Your answer should be the lines of the data below that contain "update".

[Start of Attachment]

-- ===== src/Loop/Calls.antt =====
-- The calls on one task of tx_loop.cpp, and those on the loop itself, under the invariant.
use libtx.Common.{
  ℕ, ◌≡◌, refl, true, false, not, ◌&&◌, Option, none, some, arith, Bool-cases, inl, inr,
}
use libtx.Loop.{
  TxTask, TxLoop, TaskFlags, task, set_flags, flags_of, tx_loop_new, tx_task_init, tx_task_mark,
  drop_task, tx_task_drop, enqueue, tx_task_active, tx_loop_break, tx_loop_stop,
}
use libtx.Loop.Queues.{has-insert, Distinct-insert, ends_tailer-insert}
use libtx.Loop.Invariant.{InQueues, Inv, Detached, idle-Detached, unlink-Detached, drop_task-Inv}
use libtx.Loop.Activity.{update-Activity, same-Activity, insert-Activity}

-- Bits TASK_PENDING and TASK_USER_MARK do not matter to the invariant.
pub set_flags-Inv :
    {s : TxLoop} (p : ℕ) (f : TaskFlags)
    → Inv s
    → f.idle ≡ (flags_of s p).idle
    → f.busy ≡ (flags_of s p).busy
    → Inv (set_flags p f s)
set_flags-Inv {s} p f v i b = record {
  queues = record {
    ends = v.queues.ends;
    once = v.queues.once;
    once_waiting = v.queues.once_waiting;
    real = v.queues.real;
    queued = λ a h. ground (arith, v.queues.queued a);
    waiting = λ q a h. (ground (arith, v.queues.waiting q a), (v.queues.waiting q a h).1);
    one_wait = v.queues.one_wait;
    busy_queued = λ a h. ground (arith, v.queues.busy_queued a);
  };
  activity = same-Activity p (record (s.tasks p) { tx_flags = f }) b v.activity;
}

-- After the drop the task is idle, not busy, and in no queue.
pub drop_task-Detached : {s : TxLoop} (p : ℕ) → InQueues s → Detached p (drop_task p s)
unfolding drop_task
drop_task-Detached {s} p v = elim (Bool-cases (flags_of s p).idle) [
  | inl e ↦ rw (e, drop_task) (idle-Detached p v e)
  | inr e ↦
      let d = unlink-Detached p s in
      rw (e, drop_task) (record { unqueued = d.unqueued; unrecorded = d.unrecorded })
]

pub drop_task-idle : (p : ℕ) (s : TxLoop) → (flags_of (drop_task p s) p).idle ≡ true
unfolding drop_task
drop_task-idle p s = ground arith

enqueue-InQueues :
    {s : TxLoop} (p reason : ℕ) → InQueues s → Detached p s → InQueues (enqueue p reason s)
unfolding enqueue
enqueue-InQueues {s} p reason v d = record {
  ends = ends_tailer-insert p s.tx_taskq v.ends;
  once = Distinct-insert (task p) s.tx_taskq v.ends v.once d.unqueued;
  once_waiting = v.once_waiting;
  real = v.real;
  queued = λ a h. ground (arith, has-insert (task p) (task a) s.tx_taskq v.ends, v.queued a);
  waiting = λ q a h. (
    ground (arith, v.waiting q a, d.unrecorded q),
    ground (arith, has-insert (task p) (task a) s.tx_taskq v.ends, v.waiting q a, d.unrecorded q),
  );
  one_wait = v.one_wait;
  busy_queued =
      λ a h. ground (arith, has-insert (task p) (task a) s.tx_taskq v.ends, v.busy_queued a);
}

pub enqueue-Inv : {s : TxLoop} (p reason : ℕ) → Inv s → Detached p s → Inv (enqueue p reason s)
unfolding enqueue
enqueue-Inv {s} p reason v d = record {
  queues = enqueue-InQueues p reason v.queues d;
  activity = insert-Activity p _ d.unqueued v.activity;
}

pub tx_task_drop-Inv : {s : TxLoop} (p : Option ℕ) → Inv s → Inv (tx_task_drop p s)
unfolding tx_task_drop
tx_task_drop-Inv none v = v
tx_task_drop-Inv (some p) v = drop_task-Inv p v

pub tx_task_active-Inv :
    {s : TxLoop} (p : Option ℕ) (reason : ℕ) → Inv s → Inv (tx_task_active p reason s)
unfolding tx_task_active
tx_task_active-Inv none reason v = v
tx_task_active-Inv {s} (some p) reason v =
    elim (Bool-cases (not s.tx_stop && not (flags_of s p).busy)) [
      | inl e ↦ rw (e) (enqueue-Inv p reason (drop_task-Inv p v) (drop_task-Detached p v.queues))
      | inr e ↦ rw (e) v
    ]

pub tx_task_mark-Inv : {s : TxLoop} (p : ℕ) → Inv s → Inv (tx_task_mark p s)
unfolding tx_task_mark
tx_task_mark-Inv p v = set_flags-Inv p _ v refl refl

-- A task of which a queue or a flag of the program still depends must not be initialised again.
pub tx_task_init-Inv :
    {s : TxLoop} (p call ctx : ℕ) → Inv s → Detached p s → Inv (tx_task_init p call ctx s)
unfolding tx_task_init
tx_task_init-Inv {s} p call ctx v d = record {
  queues = record {
    ends = v.queues.ends;
    once = v.queues.once;
    once_waiting = v.queues.once_waiting;
    real = v.queues.real;
    queued = λ a h. ground (arith, v.queues.queued a, d.unqueued);
    waiting =
        λ q a h. (ground (arith, v.queues.waiting q a, d.unrecorded q), (v.queues.waiting q a h).1);
    one_wait = v.queues.one_wait;
    busy_queued = λ a h. ground (arith, v.queues.busy_queued a, d.unqueued);
  };
  activity = update-Activity p _ d.unqueued v.activity;
}

pub drop_task-busy : {s : TxLoop} (p : ℕ) → InQueues s → (flags_of (drop_task p s) p).busy ≡ false
unfolding drop_task
drop_task-busy {s} p v = ground (arith, v.queued p, v.busy_queued p)

-- The loop's own flags do not matter to the invariant.
pub tx_loop_break-Inv : {s : TxLoop} → Inv s → Inv (tx_loop_break s)
unfolding tx_loop_break
tx_loop_break-Inv {s} v = record {
  queues =
      let u = v.queues in
      record {
        ends = u.ends;
        once = u.once;
        once_waiting = u.once_waiting;
        real = u.real;
        queued = u.queued;
        waiting = u.waiting;
        one_wait = u.one_wait;
        busy_queued = u.busy_queued;
      };
  activity = v.activity;
}

pub tx_loop_stop-Inv : {s : TxLoop} → Inv s → Inv (tx_loop_stop s)
unfolding tx_loop_stop
tx_loop_stop-Inv {s} v = record {
  queues =
      let u = v.queues in
      record {
        ends = u.ends;
        once = u.once;
        once_waiting = u.once_waiting;
        real = u.real;
        queued = u.queued;
        waiting = u.waiting;
        one_wait = u.one_wait;
        busy_queued = u.busy_queued;
      };
  activity = v.activity;
}

-- A new loop satisfies the invariant, if no task in memory says that it is busy.
pub tx_loop_new-Inv :
    (m : ℕ → TxTask) → ((p : ℕ) → (m p).tx_flags.busy ≡ false) → Inv (tx_loop_new m)
unfolding tx_loop_new
tx_loop_new-Inv m h = record {
  queues = record {
    ends = refl;
    once = (refl, tt);
    once_waiting = λ q. tt;
    real = λ q. (refl, refl);
    queued = λ p e. cc;
    waiting = λ q p e. cc;
    one_wait = λ q r p e f. cc;
    busy_queued = λ p e. cc (h p);
  };
  activity = record { recent = λ e. cc; round = λ e. cc; counted = omega arith };
}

[End of Attachment]

Answer space:
use libtx.Loop.Activity.{update-Activity, same-Activity, insert-Activity}
  activity = update-Activity p _ d.unqueued v.activity;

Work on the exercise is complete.